Adil: Öğretmenler, idareciler “Sen, çalışmadın, dersi dinlemedin, öğrenmedin, yaramazlık yaptın, ödevlerini yapmadın ve sonucuna katlanacaksın” diye mesajlarını verirler… Bu durum böyle sürüp gider… 
- Dedim ya herkes halinden memnundur veya razıdır… 
Adil: Yok, ben değilim, olamam, olmadım ve razı olmayacağım…
-Ya sanki öğretmenler, idareciler, eğitimcilerin umurundaydın. Olmazsan olma! 



Adil: Yok susmam! Susamam!
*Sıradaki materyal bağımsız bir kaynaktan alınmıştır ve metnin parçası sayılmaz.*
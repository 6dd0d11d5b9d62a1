-- ===== src/Upper/Tests.antt =====
-- Runs of toUpper.c.
use linux_programming.Base.{◌≡◌, refl, [], true, none, some, replicate}
use linux_programming.Cstr.{codes, take_line}
use linux_programming.Upper.{main}

-- The newline is the one that the parent's own buffer still holds.
main-letters : main true (replicate 8 7) (codes "aZ-9\n") ≡ some (codes "AZ-9\n")
unfolding main take_line
main-letters = refl

main-nothing : main true (replicate 8 7) [] ≡ none
unfolding main take_line
main-nothing = refl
Çıkıp önlerine, avazım çıktığı kadar “Ey eğitim ve öğretim camiasının eli öpülesi fedakar, cefakar, muhterem kadroları; Ders dinleyen, çalışan, öğrenme gayretinde olan, ödevini yapan çocuğa siz sadece ders anlatmışsınız. Başka? Başka bir şey yok…”
-Ne olacaktı başka? Sen de çok şey istiyorsun Adil… 
Adil: dur dinle! Onlara soracağım ;“Anlattığınız dersi o başarılı çocuğa anlattınız, öğrettiniz de başarısız dediğinize niye öğretemediniz, dinletemediniz? Kabul edelim tamam, siz öğreticisiniz, eğitici değilsiniz… Ama öğretememişsiniz de…” 
-Adil eğitim ile öğretim iç içedir zaten…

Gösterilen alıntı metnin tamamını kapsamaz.